Asimismo, dice el estudio, 46,5 % opina que el futuro presidente debería ser un opositor, 20,5% que debería ser un chavista, mientras que 26% afirma que el elegido para tal responsabilidad no debería pertenecer a ninguno de los dos bandos. Esto último, un ni-nismo atado a una oferta por ahora inexistente, (el famoso “outsider”, cuya irrupción no admite la fragua a voluntad) resulta comprensible, dados los exiguos resultados de la gestión del liderazgo. El riesgo, claro está, es que tales aprensiones anulen a priori el salto de lo ideal a lo posible, la “impureza” de la mudanza democrática, urgida de mayorías incontestables. Por ello, con más razón conviene tramitarlas con el esmero que no cundió en 1998, cuando la vocación por la simplificación impidió detectar honduras y alcances de la desafección.

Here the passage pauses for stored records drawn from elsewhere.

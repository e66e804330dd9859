-- ===== src/Mirror/Sync/Paths.antt =====
-- workspace/pipelinemirror.go: the paths that a sync asks for, of definitions and credential files.
use workspace_api.Base.{
  or_else, ◌≡◌, refl, sym, ap, subst, ◌∙◌, Bool, true, false, ◌&&◌, List, [], ◌∷◌, ◌++◌, Text,
  codes, same, same→eq, has_prefix, has_suffix, has_suffix-append, has_suffix_ends,
  has_prefix-append, last-append, last, is_some, Map, lookup, insert, lookup-insert, Result, ok, M,
  next-eq-ok, and_then-eq-ok, ok-inj, ◌⊎◌, if◌then◌else◌, arith, Bool-cases, inl, inr,
}
use workspace_api.Model.{Pipeline, DefinitionFile, CredentialFile, is_empty_json}
use workspace_api.Mirror.World.{World, Mirror}
use workspace_api.Mirror.Files.{
  definition_path, credential_path, is_credential_path, age_suffix, slug_of, render_pipeline_file,
  render_pipeline_files, build_credential_files, notify_stale_oauth_credential,
}

last-definition_path : (slug : Text) → last 0 (definition_path slug) ≡ b'l'
unfolding definition_path
last-definition_path slug = last-append slug (codes "yaml") b'.' b'/'

-- The two suffixes end in different letters.
pub definition_path-not_credential :
    (slug : Text) → is_credential_path (definition_path slug) ≡ false
definition_path-not_credential slug =
    second_false (has_prefix (codes "pipelines/") (definition_path slug))
      (has_suffix age_suffix (definition_path slug))
      λ h.
        let bad : b'l' ≡ b'e' =
          sym (last-definition_path slug)
          ∙ has_suffix_ends b'.' (codes "credentials.age") (definition_path slug) h 0 in
        absurd (omega (arith, bad))
  where
    second_false : (a b : Bool) → ¬ (b ≡ true) → (a && b) ≡ false
    second_false true true h = absurd (h refl)
    second_false true false h = refl
    second_false false b h = refl

append_assoc : (a b c : Text) → (a ++ b) ++ c ≡ a ++ (b ++ c)
append_assoc [] b c = refl
append_assoc (x ∷ a) b c = ap (λ t. x ∷ t) (append_assoc a b c)

pub credential_path-IsCredentialPath :
    (slug : Text) → is_credential_path (credential_path slug) ≡ true
unfolding credential_path
credential_path-IsCredentialPath slug =
    both (has_prefix-append (codes "pipelines/") (slug ++ age_suffix)) (
      subst (λ t. has_suffix age_suffix t ≡ true)
        (append_assoc (codes "pipelines/") slug age_suffix)
        (has_suffix-append (codes "pipelines/" ++ slug) age_suffix))
  where
    both : {a b : Bool} → a ≡ true → b ≡ true → (a && b) ≡ true
    both h k = cc

-- A property of each path that has a file, kept when a file is added at a path with it.
abbrev pub AllPaths : {V : Type 0} → (Text → Bool) → Bool → Map V → Type 0
AllPaths test b files = (q : Text) → is_some (lookup q files) ≡ true → test q ≡ b

insert-AllPaths :
    {V : Type 0} (test : Text → Bool) (b : Bool) (k : Text) (v : V) (files : Map V)
    → test k ≡ b
    → AllPaths test b files
    → AllPaths test b (insert k v files)
insert-AllPaths test b k v files h all q i = elim (Bool-cases (same k q)) [
  | inl e ↦ subst (λ r. test r ≡ b) (same→eq k q e) h
  | inr e ↦ all q (ground (arith, i, e, lookup-insert k q v files))
]

branches :
    {S A : Type 0} (b c : Bool) (x y z : M S A) (w : S) {r : Result A × S}
    → (if b then x else (if c then y else z)) w ≡ r
    → (x w ≡ r) ⊎ (y w ≡ r) ⊎ (z w ≡ r)
branches true c x y z w h = inl h
branches false true x y z w h = inr (inl h)
branches false false x y z w h = inr (inr h)

module _ {R : Type 0} (m : Mirror R) where
  pub render_pipeline_files-paths :
      (ps : List Pipeline) (slugs : Map Text) (files : Map DefinitionFile)
      {desired : Map DefinitionFile}
      → AllPaths is_credential_path false files
      → render_pipeline_files m ps slugs files ≡ ok desired
      → AllPaths is_credential_path false desired
  unfolding render_pipeline_files
  render_pipeline_files-paths [] slugs files all h =
      subst (λ d. AllPaths is_credential_path false d) (ok-inj h) all
  render_pipeline_files-paths (p ∷ ps) slugs files all h =
      let (content, first, rest) = and_then-eq-ok (render_pipeline_file m p) _ h in
      let path = definition_path (slug_of slugs p.id) in
      let file : DefinitionFile = record { pipeline_id = p.id; content = content } in
      render_pipeline_files-paths ps slugs (insert path file files)
        (insert-AllPaths is_credential_path false path file files
          (definition_path-not_credential (slug_of slugs p.id)) all)
        rest

  pub build_credential_files-paths :
      (slug : Text) (slugs credentials : Map Text) (ps : List Pipeline) (files : Map CredentialFile)
      {out : Map CredentialFile} (w t : World R)
      → AllPaths is_credential_path true files
      → build_credential_files m slug slugs credentials ps files w ≡ (ok out, t)
      → AllPaths is_credential_path true out
  unfolding build_credential_files
  build_credential_files-paths slug slugs credentials [] files w t all h =
      subst (λ d. AllPaths is_credential_path true d) (ok-inj (ap (λ r. r.0) h)) all
  build_credential_files-paths slug slugs credentials (p ∷ ps) files w t all h =
      let raw = or_else (lookup p.id credentials) [] in
      let path = credential_path (slug_of slugs p.id) in
      let more = λ (cf : CredentialFile).
        insert-AllPaths is_credential_path true path cf files
          (credential_path-IsCredentialPath (slug_of slugs p.id)) all in
      elim (branches p.credentials_external (is_empty_json raw) _ _ _ w h) [
        | inl k ↦ build_credential_files-paths slug slugs credentials ps _ w t (more _) k
        | inr (inl k) ↦ build_credential_files-paths slug slugs credentials ps files w t all k
        | inr (inr k) ↦
            let (u, w1, told, rest) =
              next-eq-ok (notify_stale_oauth_credential m slug p raw w) _ k in
            build_credential_files-paths slug slugs credentials ps _ w1 t (more _) rest
      ]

Salvando distancias con las “democracias indignadas” de la región, en el Macondo venezolano también parece haber una ciudadanía tan herida y ávida de mejoras como poco dispuesta a dejarse seducir por pretendientes enclenques. Quizás consciente de los abismos a los que llevó el Socialismo del siglo XXI, sí, pero no menos escamada por la incompetencia de élites poco dadas a la innovación o atascadas en fórmulas que no están a la altura de los nuevos e incesantes desafíos. En medio de ambos desencantos, la opción democrática, que es la de la racionalidad y la complejidad, no tiene un camino despejado. He allí una certeza que antes de espantar, debe servir para prever dificultades que no estaban en el plan original. En todo caso, cabe recordar advertencias como la que en 1951 ya hacía el historiador y periodista británico, Edward H. Carr: “hablar hoy de la defensa de la democracia como si estuviéramos defendiendo algo que conocemos es un autoengaño (…) nos acercaríamos al objetivo si habláramos de la necesidad no de defender la democracia, sino de crearla”.